School of Information and Control Engineering, Qingdao University of Technology, Qingdao,266000,China.
School of Information Science and Engineering, Qufu Normal University, Rizhao, 276800, China.
J Chem Inf Model. 2024 Apr 8;64(7):2158-2173. doi: 10.1021/acs.jcim.3c00582. Epub 2023 Jul 17.

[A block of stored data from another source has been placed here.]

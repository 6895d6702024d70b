-- ===== src/Kv/Rounds/Moves.antt =====
-- Every step of a round keeps what the backups hold.
use fusee_fs.Prelude.{
  ℕ, ◌≡◌, ◌≢◌, ◌<◌, ◌≤◌, refl, sym, ◌∙◌, subst, ◌==◌, arith, inl, inr, Bool-cases,
}
use fusee_fs.Kv.Consensus.{vote}
use fusee_fs.Kv.Rounds.{
  CompareAndSwap, Round, put, start, IsAnswered, first_swap, second_swap, primary_swap, Step, first,
  second, primary, Reach, here, next,
}
use fusee_fs.Kv.Rounds.Puts.{
  put_same, put_other, put_seen-cases, put_self, vote-expected, vote-other,
}
use fusee_fs.Kv.Rounds.Follows.{Champion, Near, BackupHolds, Follows, HasWon-Champion}

module _ (net : CompareAndSwap) (expected n : ℕ) (some_backup : 1 ≤ n) where
  start-Follows : Follows expected n (start net expected n) (λ i. expected)
  unfolding start BackupHolds
  start-Follows = record {
    backups = λ i low. inl (refl, refl);
    answers = λ v i s low seen. absurd cc;
    primary_holds = inl refl;
  }

  -- What follows the values still does when a backup that had taken none takes one.
  module _ (took : ℕ → ℕ) (v i j : ℕ) (low : i < n) (none_yet : took i ≡ expected) where
    Near-put : (x : ℕ) → j ≢ i → Near expected n took j x → Near expected n (put i v took) j x
    unfolding Near Champion
    Near-put x other (inl e) = inl (e ∙ sym (put_other i v j took other))
    Near-put x other (inr own) = absurd (own.0 i low none_yet)

    BackupHolds-put :
        (b : ℕ)
        → j ≢ i
        → BackupHolds expected n took j b
        → BackupHolds expected n (put i v took) j b
    unfolding BackupHolds
    BackupHolds-put b other h =
        let same = put_other i v j took other in
        elim h [
          | inl (e, k) ↦ inl (e, same ∙ k)
          | inr (k, changed, near) ↦ inr (rw same k, changed, Near-put b other near)
        ]

  -- A backup that has taken no value: nobody has an answer from it, and there is no champion yet.
  take_first :
      (r : Round) (took : ℕ → ℕ) (v i : ℕ)
      → i < n
      → v ≢ expected
      → r.backup i ≡ expected
      → took i ≡ expected
      → Follows expected n r took
      → Follows expected n (first_swap net expected n v i r) (put i v took)
  unfolding first_swap BackupHolds Near Champion vote
  take_first r took v i low fresh at none_yet f =
      let swapped : net.swap (r.backup i) expected v ≡ v = rw at (net.swap_same expected v) in
      let own = put_same i v took in
      record {
        backups = λ j small. elim (Bool-cases (j == i)) [
          | inl e ↦
              let here_j : j ≡ i = ground (arith, e) in
              subst
                (λ k.
                  BackupHolds expected n (put i v took) k
                    (put i (net.swap (r.backup i) expected v) r.backup k))
                (sym here_j)
                (rw (put_same i (net.swap (r.backup i) expected v) r.backup, swapped)
                  (inr (rw own fresh, fresh, inl (sym own))))
          | inr e ↦
              let other : j ≢ i = ground (arith, e) in
              rw (put_other i (net.swap (r.backup i) expected v) j r.backup other)
                (BackupHolds-put took v i j low none_yet (r.backup j) other (f.backups j small))
        ];
        answers = λ w j s small seen. elim (put_seen-cases v i (r.backup i) s w j r.seen seen) [
          | inl (is_v, is_i, is_s) ↦
              let own_j : put i v took j ≡ v = rw is_i own in
              (
                rw is_v fresh,
                rw own_j fresh,
                inl (vote-expected w expected s (is_s ∙ at) ∙ is_v ∙ sym own_j),
              )
          | inr old ↦
              let (a, b, c) = f.answers w j s small old in
              let other : j ≢ i = λ e. b (rw e none_yet) in
              (a, rw (put_other i v j took other) b, Near-put took v i j low none_yet _ other c)
        ];
        primary_holds = elim f.primary_holds [
          | inl e ↦ inl e
          | inr own_value ↦ absurd (own_value.0 i low none_yet)
        ];
      }

  -- A backup that has taken a value keeps it from a client that expects the old one.
  take_later :
      (r : Round) (took : ℕ → ℕ) (v i : ℕ)
      → i < n
      → v ≢ expected
      → took i ≢ expected
      → r.backup i ≢ expected
      → Near expected n took i (r.backup i)
      → Follows expected n r took
      → Follows expected n (first_swap net expected n v i r) took
  unfolding first_swap BackupHolds Near Champion vote
  take_later r took v i low fresh has_taken changed near f = record {
    backups = λ j small.
        rw
          (put_self i (net.swap (r.backup i) expected v) j r.backup
            (net.swap_other (r.backup i) expected v changed))
          (f.backups j small);
    answers = λ w j s small seen. elim (put_seen-cases v i (r.backup i) s w j r.seen seen) [
      | inl (is_v, is_i, is_s) ↦ (
        rw is_v fresh,
        rw is_i has_taken,
        subst (λ (t : ℕ). Near expected n took t (vote w expected s)) (sym is_i)
            (rw (vote-other w expected s (rw is_s changed), is_s) near),
      )
      | inr old ↦ f.answers w j s small old
    ];
    primary_holds = f.primary_holds;
  }

  -- A backup that is repaired holds the champion's value.
  repaired :
      (r : Round) (took : ℕ → ℕ) (v i x : ℕ)
      → i < n
      → v ≢ expected
      → x ≢ expected
      → Champion expected n took v
      → Follows expected n r took
      → Follows expected n (second_swap net expected n v i x r) took
  unfolding second_swap BackupHolds Near Champion
  repaired r took v i x low fresh h champion f = record {
    backups = λ j small. elim (Bool-cases (j == i)) [
      | inl e ↦
          let here_j : j ≡ i = ground (arith, e) in
          elim (Bool-cases (r.backup i == x)) [
            | inl g ↦
                let is_x : r.backup i ≡ x = ground (arith, g) in
                let swapped : net.swap (r.backup i) x v ≡ v = rw is_x (net.swap_same x v) in
                rw (here_j, put_same i (net.swap (r.backup i) x v) r.backup, swapped)
                  (inr (champion.0 i low, fresh, inr champion))
            | inr g ↦
                rw
                  (put_self i (net.swap (r.backup i) x v) j r.backup
                    (net.swap_other (r.backup i) x v (ground (arith, g))))
                  (f.backups j small)
          ]
      | inr e ↦
          rw (put_other i (net.swap (r.backup i) x v) j r.backup (ground (arith, e)))
            (f.backups j small)
    ];
    answers = f.answers;
    primary_holds = f.primary_holds;
  }

  primary_written :
      (r : Round) (took : ℕ → ℕ) (v : ℕ)
      → Champion expected n took v
      → Follows expected n r took
      → Follows expected n (primary_swap net expected n v r) took
  unfolding primary_swap
  primary_written r took v champion f = record {
    backups = f.backups;
    answers = f.answers;
    primary_holds = elim (Bool-cases (r.primary == expected)) [
      | inl e ↦
          let at : r.primary ≡ expected = ground (arith, e) in
          inr (rw (at, net.swap_same expected v) champion)
      | inr e ↦ rw (net.swap_other r.primary expected v (ground (arith, e))) f.primary_holds
    ];
  }

  Follows-Step :
      (r u : Round) (took : ℕ → ℕ)
      → Follows expected n r took
      → Step net expected n r u
      → (t : ℕ → ℕ) × Follows expected n u t
  unfolding BackupHolds IsAnswered
  Follows-Step r u took f (first v i low fresh new e) = elim (f.backups i low) [
    | inl (at, none_yet) ↦ (put i v took, rw e (take_first r took v i low fresh at none_yet f))
    | inr (has_taken, changed, near) ↦
        (took, rw e (take_later r took v i low fresh has_taken changed near f))
  ]
  Follows-Step r u took f (second v i x c low all won seen changed other e) =
      let champion = HasWon-Champion net expected n some_backup r took v c f all won in
      let fresh = (f.answers v i x low seen).0 in
      (took, rw e (repaired r took v i x low fresh changed champion f))
  Follows-Step r u took f (primary v c all won e) = (
    took,
    rw e (
        primary_written r took v (HasWon-Champion net expected n some_backup r took v c f all won)
          f),
  )

  pub Follows-Reach : {r : Round} → Reach net expected n r → (t : ℕ → ℕ) × Follows expected n r t
  Follows-Reach here = (λ i. expected, start-Follows)
  Follows-Reach (next {r} {u} reach step) =
      let (took, f) = Follows-Reach reach in Follows-Step r u took f step
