-- ===== src/Kv/Rounds/Agreement.antt =====
-- All winners of a round of writes agree.
use fusee_fs.Prelude.{ℕ, ◌≡◌, ◌≢◌, ◌≤◌, ◌<◌, ◌⊎◌, sym, ◌∙◌, some, inl, inr}
use fusee_fs.Kv.Rounds.{CompareAndSwap, Round, IsAnswered, HasWon, second_swap, Reach}
use fusee_fs.Kv.Rounds.Puts.{put_same, vote-other}
use fusee_fs.Kv.Rounds.View.{one_winner}
use fusee_fs.Kv.Rounds.Follows.{Champion, Near, BackupHolds, HasWon-Champion}
use fusee_fs.Kv.Rounds.Moves.{Follows-Reach}

-- However the swaps of the clients interleave, two clients that decide that they have won a slot
-- write the same value, where there is a backup: the swaps that repeat against the value of a loser do not
-- change who has won.
pub Reach-one_winner :
    (net : CompareAndSwap) (expected n : ℕ) (r : Round) (v w c d : ℕ)
    → 1 ≤ n
    → Reach net expected n r
    → IsAnswered net expected n r v
    → HasWon net expected n r v c
    → IsAnswered net expected n r w
    → HasWon net expected n r w d
    → v ≡ w
unfolding Champion
Reach-one_winner net expected n r v w c d some_backup reach all_v won_v all_w won_w =
    let (took, f) = Follows-Reach net expected n some_backup reach in
    one_winner expected n some_backup took v w expected expected
      (HasWon-Champion net expected n some_backup r took v c f all_v won_v).1
      (HasWon-Champion net expected n some_backup r took w d f all_w won_w).1

-- The primary slot holds the expected value, or the value of every client that decides that it has
-- won, where there is a backup: the primary slot is changed once in a round.
pub Reach-primary :
    (net : CompareAndSwap) (expected n : ℕ) (r : Round) (v c : ℕ)
    → 1 ≤ n
    → Reach net expected n r
    → IsAnswered net expected n r v
    → HasWon net expected n r v c
    → (r.primary ≡ expected) ⊎ (r.primary ≡ v)
unfolding Champion
Reach-primary net expected n r v c some_backup reach all_v won_v =
    let (took, f) = Follows-Reach net expected n some_backup reach in
    elim f.primary_holds [
      | inl e ↦ inl e
      | inr own ↦ inr (
          one_winner expected n some_backup took r.primary v expected expected own.1
            (HasWon-Champion net expected n some_backup r took v c f all_v won_v).1)
    ]

-- A swap that a winner repeats on a backup, against the value that its first one gave back, leaves
-- the backup with the winner's value, where there is a backup: no other client has changed it.
pub Reach-second_swap :
    (net : CompareAndSwap) (expected n : ℕ) (r : Round) (v c i x : ℕ)
    → 1 ≤ n
    → Reach net expected n r
    → IsAnswered net expected n r v
    → HasWon net expected n r v c
    → i < n
    → r.seen v i ≡ some x
    → x ≢ expected
    → x ≢ v
    → (second_swap net expected n v i x r).backup i ≡ v
unfolding Champion Near BackupHolds second_swap
Reach-second_swap net expected n r v c i x some_backup reach all won low seen changed other =
    let (took, f) = Follows-Reach net expected n some_backup reach in
    let champion = HasWon-Champion net expected n some_backup r took v c f all won in
    let alone : (y : ℕ) → Champion expected n took y → y ≡ v =
      λ y own. one_winner expected n some_backup took y v expected expected own.1 champion.1 in
    let near = rw (vote-other v expected x changed) at (f.answers v i x low seen).2 in
    let first_value : x ≡ took i = elim near [
      | inl e ↦ e
      | inr own ↦ absurd (other (alone x own))
    ] in
    let keeps : r.backup i ≡ v → (second_swap net expected n v i x r).backup i ≡ v =
      λ e. put_same i _ r.backup ∙ net.swap_other (r.backup i) x v (λ k. other (sym k ∙ e)) ∙ e in
    elim (f.backups i low) [
      | inl (at, none_yet) ↦ absurd (changed (first_value ∙ none_yet))
      | inr (has_taken, moved, inl e) ↦
          let found : r.backup i ≡ x = e ∙ sym first_value in
          put_same i _ r.backup ∙ (rw found (net.swap_same x v))
      | inr (has_taken, moved, inr own) ↦ keeps (alone (r.backup i) own)
    ]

Drug-drug interactions (DDI) are a critical aspect of drug research that can have adverse effects on patients and can lead to serious consequences. Predicting these events accurately can significantly improve clinicians' ability to make better decisions and establish optimal treatment regimens. However, manually detecting these interactions is time-consuming and labor-intensive. Utilizing the advancements in Artificial Intelligence (AI) is essential for achieving accurate forecasts of DDIs. In this review, DDI prediction tasks are classified into three types according to the type of DDI prediction: undirected DDI prediction, DDI events prediction, and Asymmetric DDI prediction. The paper then reviews the progress of AI for each of these three prediction tasks in DDI and provides a summary of the data sets used as well as the representative methods used in these three prediction directions. In this review, we aim to provide a comprehensive overview of drug interaction prediction. The first section introduces commonly used databases and presents an overview of current research advancements and techniques across three domains of DDI. Additionally, we introduce classical machine learning techniques for predicting undirected drug interactions and provide a timeline for the progression of the predicted drug interaction events. At last, we debate the difficulties and prospects of AI approaches at predicting DDI, emphasizing their potential for improving clinical decision-making and patient outcomes.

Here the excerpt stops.